In patients deficient in early complement components (like C3), susceptibility to infection is
broad, covering all encapsulated bacteria (pneumococcus, Haemophilus, etc.) because
opsonization is the primary failure. In contrast, patients lacking C5, C6, C7, C8, or C9 can still
opsonize bacteria via C3b generated by the early pathways. This opsonization is sufficient to
control most pathogens, but it is insufficient to fully clear Neisseria, which requires direct
bacteriolysis. Consequently, the clinical phenotype is remarkably narrow: recurrent, severe, and
often disseminated Neisseria infections.
Critique of Distractors:
●​ A) C1 inhibitor: Deficiency leads to Hereditary Angioedema (HAE), a disorder of
unregulated bradykinin production resulting in episodic swelling, not immunodeficiency.

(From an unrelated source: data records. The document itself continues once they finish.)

-- ===== src/Psock/Reading.antt =====
-- `psock_readto` over the packets in which a line comes.
use fx_ip.Base.{
  Bool, List, Option, [], ap, append_assoc, arith, false, if◌then◌else◌, leb, length, length-append,
  ltb, none, refl, some, suc, sym, true, ℕ, ◌%◌, ◌++◌, ◌+◌, ◌-◌, ◌/◌, ◌<◌, ◌==◌, ◌^◌, ◌||◌, ◌∙◌,
  ◌∷◌, ◌≡◌, ◌≢◌, ◌≤◌,
}
use fx_ip.Psock.{
  Buf, Io, Place, Progress, Psock, at_start, buf_found, buf_full, ended, exited, in_readto,
  is_empty, psock_datalen, psock_newdata, psock_readto, read_end, read_loop, state_blocked_newdata,
  state_read, takes_to, waiting,
}
use fx_ip.Psock.Line.{
  Lacks, buf_bufto-Lacks, buf_bufto_lem, copied, put_bytes, put_bytes-append, put_bytes-blit,
}

-- a socket with nothing left to read
abbrev pub sock : Place → Psock → Buf → ℕ → Psock
sock place s b st = record s { lc = place; read = []; buf = b; state = st }

takes_to-Lacks :
    (c : ℕ) (b : Buf) (line : List ℕ)
    → Lacks c line
    → takes_to c b line ≡ (false, put_bytes b line, [])
takes_to-Lacks c b line h =
    ap (λ (r : ℕ × Buf × List ℕ). ((r.0 / buf_found) % 2 == 1, r.1, r.2))
      (buf_bufto-Lacks c b line h)
    ∙ ap (λ t. (t, put_bytes b line, [])) (not_found (leb (length line) b.left))
  where
    not_found : (t : Bool) → (((if t then 0 else buf_full) / buf_found) % 2 == 1) ≡ false
    not_found true = refl
    not_found false = refl

takes_to_lem :
    (c : ℕ) (b : Buf) (line later : List ℕ)
    → Lacks c line
    → takes_to c b (line ++ (c ∷ later)) ≡ (true, put_bytes b (line ++ (c ∷ [])), later)
takes_to_lem c b line later h =
    ap (λ (r : ℕ × Buf × List ℕ). ((r.0 / buf_found) % 2 == 1, r.1, r.2))
      (buf_bufto_lem c b line later h)
    ∙ ap (λ t. (t, put_bytes b (line ++ (c ∷ [])), later)) (found (ltb (length line) b.left))
  where
    found :
        (t : Bool) → (((if t then buf_found else buf_found + buf_full) / buf_found) % 2 == 1) ≡ true
    found true = refl
    found false = refl

module _ (take_in : Buf → List ℕ → Bool × Buf × List ℕ) (place : Place) (at_wait : Bool)
    (s s1 : Psock) (io : Io) (asks : at_wait || is_empty s.read ≡ true) (fuel : ℕ) where
  -- a round that waits
  round_waits :
      psock_newdata s io ≡ (false, s1)
      → read_loop (suc fuel) take_in place at_wait s io ≡ some (waiting, record s1 { lc = place })
  unfolding read_loop
  round_waits e = rw (asks, e, read_loop) refl

  -- a round that takes the packet in
  round_takes :
      (finished : Bool) (b' : Buf) (rest : List ℕ)
      → psock_newdata s io ≡ (true, s1)
      → take_in s1.buf io.appdata ≡ (finished, b', rest)
      → read_loop (suc fuel) take_in place at_wait s io ≡ (
          let s2 = record s1 { state = state_read; read = rest; buf = b' } in
          if finished then some (read_end s2) else read_loop fuel take_in place false s2 io)
  unfolding read_loop
  round_takes finished b' rest e f = rw (asks, e, read_loop) (rw f refl)

module _ (c : ℕ) (pl : Place) (s : Psock) (b : Buf) (st : ℕ) (io : Io) (idle : st ≢ state_read)
    (new : io.newdata ≡ true) where
  ready : psock_newdata (sock pl s b st) io ≡ (true, sock pl s b st)
  unfolding psock_newdata
  ready =
      let e : (st == state_read) ≡ false = ground arith in rw e (ap (λ t. (t, sock pl s b st)) new)

  consumed :
      (b' : Buf)
      → psock_newdata (sock pl s b' state_read) io ≡ (false, sock pl s b' state_blocked_newdata)
  unfolding psock_newdata
  consumed b' = refl

  loop_more :
      (at_wait : Bool) (fuel : ℕ) (b' : Buf)
      → takes_to c b io.appdata ≡ (false, b', [])
      → read_loop (suc (suc fuel)) (takes_to c) in_readto at_wait (sock pl s b st) io
        ≡ some (waiting, sock in_readto s b' state_blocked_newdata)
  loop_more at_wait fuel b' e =
      round_takes (takes_to c) in_readto at_wait (sock pl s b st) (sock pl s b st) io (ground arith)
        (suc fuel) false b' [] ready e
      ∙ round_waits (takes_to c) in_readto false (sock pl s b' state_read)
          (sock pl s b' state_blocked_newdata) io refl fuel (consumed b')

  loop_done :
      (at_wait : Bool) (fuel : ℕ) (b' : Buf) (rest : List ℕ)
      → takes_to c b io.appdata ≡ (true, b', rest)
      → read_loop (suc fuel) (takes_to c) in_readto at_wait (sock pl s b st) io
        ≡ some (read_end (record s { lc = pl; read = rest; buf = b'; state = state_read }))
  loop_done at_wait fuel b' rest e =
      round_takes (takes_to c) in_readto at_wait (sock pl s b st) (sock pl s b st) io (ground arith)
        fuel true b' rest ready e

-- The application calls `psock_readto` in every call that it gets from the stack, until it ends.
pub calls : ℕ → Psock → List Io → Option (Progress × Psock)
calls c s [] = some (waiting, s)
calls c s (io ∷ later) = elim (psock_readto s c io) [
  | none ↦ none
  | some (waiting, s') ↦ calls c s' later
  | some (exited, s') ↦ some (exited, s')
  | some (ended, s') ↦ some (ended, s')
]

calls_waits :
    (c : ℕ) (s s' : Psock) (io : Io) (later : List Io)
    → psock_readto s c io ≡ some (waiting, s')
    → calls c s (io ∷ later) ≡ calls c s' later
unfolding calls
calls_waits c s s' io later e = rw (e, calls) refl

calls_ends :
    (c : ℕ) (s s' : Psock) (io : Io) (later : List Io)
    → psock_readto s c io ≡ some (ended, s')
    → calls c s (io ∷ later) ≡ some (ended, s')
unfolding calls
calls_ends c s s' io later e = rw (e, calls) refl

readto_goes_on :
    (c : ℕ) (s : Psock) (b : Buf) (st : ℕ) (io : Io)
    → psock_readto (sock in_readto s b st) c io
      ≡ read_loop 3 (takes_to c) in_readto true (sock in_readto s b st) io
unfolding psock_readto
readto_goes_on c s b st io = refl

readto_starts :
    (c : ℕ) (s : Psock) (b : Buf) (st : ℕ) (io : Io)
    → s.bufsize < 2 ^ 16
    → psock_readto (sock at_start s b st) c io
      ≡ read_loop 3
          (takes_to c)
          in_readto
          false
          (sock at_start s (record b { ptr = s.bufptr; left = s.bufsize }) st)
          io
unfolding psock_readto
readto_starts c s b st io h =
    ap
      (λ n.
        read_loop 3 (takes_to c) in_readto false
          (sock at_start s (record b { ptr = s.bufptr; left = n }) st) io)
      {y = s.bufsize} (omega arith)

-- A call that comes back in the same packet, which is used up, waits.
pub psock_readto_blocks :
    (c : ℕ) (s : Psock) (b : Buf) (io : Io)
    → s.bufsize < 2 ^ 16
    → psock_readto (sock at_start s b state_read) c io
      ≡ some (
        waiting,
        sock in_readto s (record b { ptr = s.bufptr; left = s.bufsize }) state_blocked_newdata,
      )
unfolding psock_newdata
psock_readto_blocks c s b io h =
    readto_starts c s b state_read io h
    ∙ round_waits (takes_to c) in_readto false
        (sock at_start s (record b { ptr = s.bufptr; left = s.bufsize }) state_read)
        (sock at_start s (record b { ptr = s.bufptr; left = s.bufsize }) state_blocked_newdata) io
        refl 2 refl

-- packets without the marker, and their bytes
abbrev pub NoMarker : ℕ → List Io → Type 0
NoMarker c [] = Unit {0}
NoMarker c (io ∷ later) = (io.newdata ≡ true) × Lacks c io.appdata × NoMarker c later

abbrev pub bytes_of : List Io → List ℕ
bytes_of [] = []
bytes_of (io ∷ later) = io.appdata ++ bytes_of later

module _ (c : ℕ) (s : Psock) (io : Io) (line later : List ℕ) (new : io.newdata ≡ true)
    (arrives : io.appdata ≡ line ++ (c ∷ later)) (lacks : Lacks c line) (sized : s.bufsize < 2 ^ 16)
    (not_empty : 0 < s.bufsize) where
  -- the socket when the line is complete
  abbrev pub complete : Buf → Psock
  complete b = record s { lc = at_start; read = later; buf = b; state = state_read }

  ends :
      (pl : Place) (b : Buf) (st fuel : ℕ) (at_wait : Bool)
      → st ≢ state_read
      → b.left ≤ s.bufsize
      → read_loop (suc fuel) (takes_to c) in_readto at_wait (sock pl s b st) io
        ≡ some (ended, complete (put_bytes b (line ++ (c ∷ []))))
  unfolding psock_datalen
  ends pl b st fuel at_wait idle small =
      loop_done c pl s b st io idle new at_wait fuel (put_bytes b (line ++ (c ∷ []))) later
        (ap (takes_to c b) arrives ∙ takes_to_lem c b line later lacks)
      ∙ (let left : (put_bytes b (line ++ (c ∷ []))).left ≡ b.left - length (line ++ (c ∷ [])) =
            ap (λ z. z.left) (put_bytes-blit b (line ++ (c ∷ []))) in
          let some_data : 0 < length (line ++ (c ∷ [])) =
            omega (arith, length-append {0} line (c ∷ [])) in
          let e : (((s.bufsize + 2 ^ 16 - (put_bytes b (line ++ (c ∷ []))).left) % 2 ^ 16) == 0)
              ≡ false =
            ground arith in
          rw e refl)

  -- the call that has waited for this packet
  pub psock_readto_ends :
      (b : Buf) (st : ℕ)
      → st ≢ state_read
      → b.left ≤ s.bufsize
      → psock_readto (sock in_readto s b st) c io
        ≡ some (ended, complete (put_bytes b (line ++ (c ∷ []))))
  psock_readto_ends b st idle small =
      readto_goes_on c s b st io ∙ ends in_readto b st 2 true idle small

  calls-line :
      (packets : List Io) (b : Buf) (st : ℕ)
      → st ≢ state_read
      → b.left ≤ s.bufsize
      → NoMarker c packets
      → calls c (sock in_readto s b st) (packets ++ (io ∷ []))
        ≡ some (ended, complete (put_bytes b (bytes_of packets ++ (line ++ (c ∷ [])))))
  calls-line [] b st idle small h =
      calls_ends c (sock in_readto s b st) (complete (put_bytes b (line ++ (c ∷ [])))) io []
        (psock_readto_ends b st idle small)
  calls-line (p ∷ ps) b st idle small (n, l, h) =
      calls_waits c (sock in_readto s b st)
        (sock in_readto s (put_bytes b p.appdata) state_blocked_newdata) p (ps ++ (io ∷ []))
        (readto_goes_on c s b st p
          ∙ loop_more c in_readto s b st p idle n true 1 (put_bytes b p.appdata)
              (takes_to-Lacks c b p.appdata l))
      ∙ calls-line ps (put_bytes b p.appdata) state_blocked_newdata (λ e. absurd (omega arith))
          (omega (arith, ap (λ z. z.left) (put_bytes-blit b p.appdata))) h
      ∙ ap (λ z. some (ended, complete z))
          (put_bytes-append b p.appdata (bytes_of ps ++ (line ++ (c ∷ [])))
            ∙ ap (put_bytes b) (sym (append_assoc p.appdata (bytes_of ps) (line ++ (c ∷ [])))))

  abbrev fresh : Buf → Buf
  fresh b = record b { ptr = s.bufptr; left = s.bufsize }

  -- However the packets cut it, a line reaches the reader whole: a socket that starts psock_readto
  -- with nothing left to read and a state other than STATE_READ, for a buffer of 1 to 65535 bytes,
  -- waits while packets of new data come without the marker, and ends in the call whose packet
  -- holds it; its buffer then has the bytes up to the first marker, as far as they fit, and the
  -- bytes behind it are what is left to read.
  pub psock_readto-line :
      (packets : List Io) (b : Buf) (st : ℕ)
      → st ≢ state_read
      → NoMarker c packets
      → calls c (sock at_start s b st) (packets ++ (io ∷ []))
        ≡ some (
          ended,
          complete (
              copied
                (record b { ptr = s.bufptr; left = s.bufsize })
                s.bufsize
                (bytes_of packets ++ (line ++ (c ∷ [])))),
        )
  psock_readto-line [] b st idle h =
      calls_ends c (sock at_start s b st) (complete (put_bytes (fresh b) (line ++ (c ∷ [])))) io []
        (readto_starts c s b st io sized ∙ ends at_start (fresh b) st 2 false idle (omega arith))
      ∙ ap (λ z. some (ended, complete z)) (put_bytes-blit (fresh b) (line ++ (c ∷ [])))
  psock_readto-line (p ∷ ps) b st idle (n, l, h) =
      calls_waits c (sock at_start s b st)
        (sock in_readto s (put_bytes (fresh b) p.appdata) state_blocked_newdata) p (ps ++ (io ∷ []))
        (readto_starts c s b st p sized
          ∙ loop_more c at_start s (fresh b) st p idle n false 1 (put_bytes (fresh b) p.appdata)
              (takes_to-Lacks c (fresh b) p.appdata l))
      ∙ calls-line ps (put_bytes (fresh b) p.appdata) state_blocked_newdata
          (λ e. absurd (omega arith))
          (omega (arith, ap (λ z. z.left) (put_bytes-blit (fresh b) p.appdata))) h
      ∙ ap (λ z. some (ended, complete z))
          (put_bytes-append (fresh b) p.appdata (bytes_of ps ++ (line ++ (c ∷ [])))
            ∙ ap (put_bytes (fresh b))
                (sym (append_assoc p.appdata (bytes_of ps) (line ++ (c ∷ []))))
            ∙ put_bytes-blit (fresh b) (bytes_of (p ∷ ps) ++ (line ++ (c ∷ []))))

●​ B) C3: As the central hub of the complement system, C3 deficiency is catastrophic. It
results in severe, recurrent infections with all encapsulated bacteria and is strongly
associated with immune complex diseases (like SLE) because C3b is required to
solubilize and clear antigen-antibody complexes. The phenotype is far more severe than
the "Neisseria-only" presentation described.
●​ D) Factor D: This serine protease is essential for the Alternative Pathway. Its deficiency is
extremely rare and, while increasing susceptibility to encapsulated bacteria, does not
present with the specific MAC-related Neisseria predilection seen in terminal defects.
●​ E) Mannose-binding lectin (MBL): MBL deficiency is a common genetic polymorphism.